Week 10 Flashcards
There are 2 prominent models of discrimination in economics which are what?
Taste-based discrimination Belief based discrimination
What is Taste based discrimination?
Preference for certain traits when interacting
What is Belief based discrimination?
Individuals might believe that individual with different traits might behave differently.
What are problems with Belief based discrimination?
1) Sometimes there is arbitrary choice (based on random choice or personal whim, rather than any reason or system.) e.g. health insurance, but what would happen if an insurer would look at religion instead?
2) People have wrong beliefs about people( e.g. Ronny showed us that peoples perception of people who are Muslim compared, to the actual demographics are wrong)
We will now look at highway searches, what are some facts about highway searches?
Ethnic minority groups more likely to be stopped and searched.
Is highway searches belief based (BELIEF THAT ETHNIC MINORITIES LIKELY TO ENGAGE IN CRIMINAL ACTIVITES) or taste based ( OFFICERS ENJOY STOPPING MINORITES)?
We don’t know yet untill we solve using Theoretical modelling and empirical analysis.
To look at the racial bias in highway searches, what 2 important terms do we need to know?
Search intensity and Hit rate
What does search intensity mean?
The likelihood the police will search a driver of a particular race e.g. white, black
What is the hit rate?
Conditional that you search for drugs, what is the likelihood that you actualy found it in the vechile.
To model the game by driver and the police
For the police
1) what is the cost of searching the car
2) Reward if drug found
3) Payoff if doesn’t search
1) C>0
2) V>C (this compensates you for the cost of stopping the car)
3) 0 if driver doesnt search
To model the game by driver and the police
For the driver
What is the punishment if the driver is searched and has drugs?
What is the reward, if he carries drugs and not searched ?
What is the payoff id he doesn’t carry any drug?
Punishment if carries drug and searched -d<0
Gets reward if carries drug and not searched w>0( they sell drug)
Payoff is 0 if doesn’t carry the drug
Given that
Police:
- Cost of search/car: c>0
- Reward if drug is found: v>c
- Payoff is zero if does not search
Driver:
• Punished if carries drug and searched: -d<0
Gets rewarded if carries drugu and not searched W>0
• Payoff is zero if does not carry any drug
Draw matrix
Is there a pure strategy equilbrium in thisi game?
No there is no pure strategy within this game
If police searches → driver never carries drug → police should not search
If police does not searches → driver carries drug → police should search
As there is no pure strategy within this game what does that mean exists?
A mixed strategy equibrium
Lets say i commute a mixed strategy equilbrium and I use H for Player 2 and S for player 1 what is S and H?

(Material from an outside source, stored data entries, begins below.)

-- ===== src/Hpet/Sleep.antt =====
-- The waiting loop of src/hpet.c.
use bloreos.Base.{
  ℕ, zero, suc, ◌+◌, ◌≤◌, ◌<◌, ◌≡◌, refl, ap, sym, ◌∙◌, false, true, some, ltb, arith,
}
use bloreos.Hpet.{
  Hpet, clear_bits, store, main_counter_at, timer_config_reg, hpet_disable, hpet_enable,
  wait_counter, ticks_for, hpet_sleep_counter,
}

wait_counter_lem :
    (left n k limit : ℕ) (readings : ℕ → ℕ)
    → k < left
    → limit ≤ readings (n + k)
    → ((i : ℕ) → i < k → readings (n + i) < limit)
    → wait_counter left readings limit n ≡ some (n + k)
unfolding wait_counter
wait_counter_lem zero n k limit readings small reached below = absurd (omega arith)
wait_counter_lem (suc left) n zero limit readings small reached below =
    let here : n + 0 ≡ n = omega arith in
    let over : ltb (readings n) limit ≡ false = ground (arith, ap readings here, reached) in
    rw (over, here) refl
wait_counter_lem (suc left) n (suc k) limit readings small reached below =
    let here : n + 0 ≡ n = omega arith in
    let next : n + 1 + k ≡ n + suc k = omega arith in
    let under : ltb (readings n) limit ≡ true =
      ground (arith, ap readings here, below 0 (omega arith)) in
    rw (under, sym next)
      (wait_counter_lem left (n + 1) k limit readings (omega arith)
        (omega (arith, reached, ap readings next))
        (λ i h.
          let e : n + 1 + i ≡ n + suc i = omega arith in
          omega (arith, ap readings e, below (suc i) (omega arith))))

-- hpet_sleep_counter returns at the first reading of the main counter that is not below the number of
-- ticks in the given milliseconds, if there is one among the readings looked at, and leaves the
-- ticks of the interrupt as they were.
pub hpet_sleep_counter-first :
    (left k ms : ℕ) (readings : ℕ → ℕ) (h : Hpet)
    → k < left
    → ticks_for h ms ≤ readings k
    → ((i : ℕ) → i < k → readings i < ticks_for h ms)
    → (h' : Hpet) × (hpet_sleep_counter left readings ms h ≡ some (k, h')) × (h'.ticks ≡ h.ticks)
unfolding hpet_sleep_counter hpet_disable hpet_enable
hpet_sleep_counter-first left k ms readings h small reached below =
    let quiet = clear_bits (timer_config_reg h 0) 4 (hpet_disable h) in
    let slept = hpet_disable (hpet_enable (store (main_counter_at h) 0 quiet)) in
    let zero_plus : (i : ℕ) → 0 + i ≡ i = λ i. omega arith in
    let ended : wait_counter left readings (ticks_for h ms) 0 ≡ some k =
      wait_counter_lem left 0 k (ticks_for h ms) readings small
        (omega (arith, ap readings (zero_plus k), reached))
        (λ i b. omega (arith, ap readings (zero_plus i), below i b))
      ∙ ap some (zero_plus k) in
    (slept, rw ended refl, refl)
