-- ===== src/Hpet/Tests.antt =====
-- A timer whose ticks take 100 nanoseconds, at address 65536.
use bloreos.Base.{◌+◌, ◌*◌, ◌^◌, ◌≤◌, ◌≡◌, ◌==◌, if◌then◌else◌, arith, u64}
use bloreos.Atomic.{returns}
use bloreos.Hpet.{Hpet, hpet_start, hpet_one_shot, timer_comparator_reg}
use bloreos.Hpet.Period.{period, hpet_one_shot-bounds}

abbrev slow_timer : Hpet
slow_timer = record {
  base_addr = 0;
  frequency = 0;
  ticks = 0;
  device = λ a. if a == 65536 then 100000000 * 2 ^ 32 else 0;
}

hpet_one_shot-bounds_example :
    (started : Hpet) × (hpet_start 65536 0 slow_timer ≡ returns started tt)
    × (((hpet_one_shot 50 started).device (timer_comparator_reg started 0)
            * period slow_timer (u64 (65536 + 0))
          ≤ 1000000000000 * 50)
        × (1000000000000 * 50
            ≤ (hpet_one_shot 50 started).device (timer_comparator_reg started 0)
                * period slow_timer (u64 (65536 + 0))
              + period slow_timer (u64 (65536 + 0)) * 50))
hpet_one_shot-bounds_example =
    hpet_one_shot-bounds 65536 0 50 slow_timer (omega arith) (omega arith)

H is going to be the hit rate ( as it will tell you given that you stopped are car for drugs,what is the likelihood it will have drugs in it or a fraction of cars with drugs)
S will be search rate ( it will tell you the fraction of police officers who stop a car
What are we assuming within this model?
Police have correct beliefs about the hit rate, h.
Lets now see how police treat different races now, suppose drivers are of race X and Y What are there payoffs.
Member of X: (dx, wx) (so a member x feels differently about going Jail then memeber of Y which represents D, the higher the D the more you worry going to jail. and have different rewards when they sell drugs)
Member of Y: (dy, wy) ( member of Y may feel differently about going to Jail then a member of X, which is represented by D, maybe going to Jail is fun to D is lower vice versa and have different rewards when they sell drugs)
Lets now see how police treat different races now, suppose drivers are of race X and Y what are police payoffs on the race X and Y?
If the driver is X: (cx, v)
If the driver is Y: (cy, v)
So reward is fixed.
The police have different costs /payoffs depending on race
If police is prejudiced (taste-based) against X: cx < cy
Presumably, because the police likes to harass X-drivers. ( they get a kick when they arrest someone from race X, hence cost is lower)
Lets say story 1 is that suppose there are two races X and Y, the reson why police stop 1 race more than the other is because of belief based discriminiation to prove this what are we going to do?
We are shutting down the taste based aspect as now Cx = Cy so the police doesn’t get a kick on stopping a certain race more than others. So the police only stop one race than the other based on there belief about a certain race.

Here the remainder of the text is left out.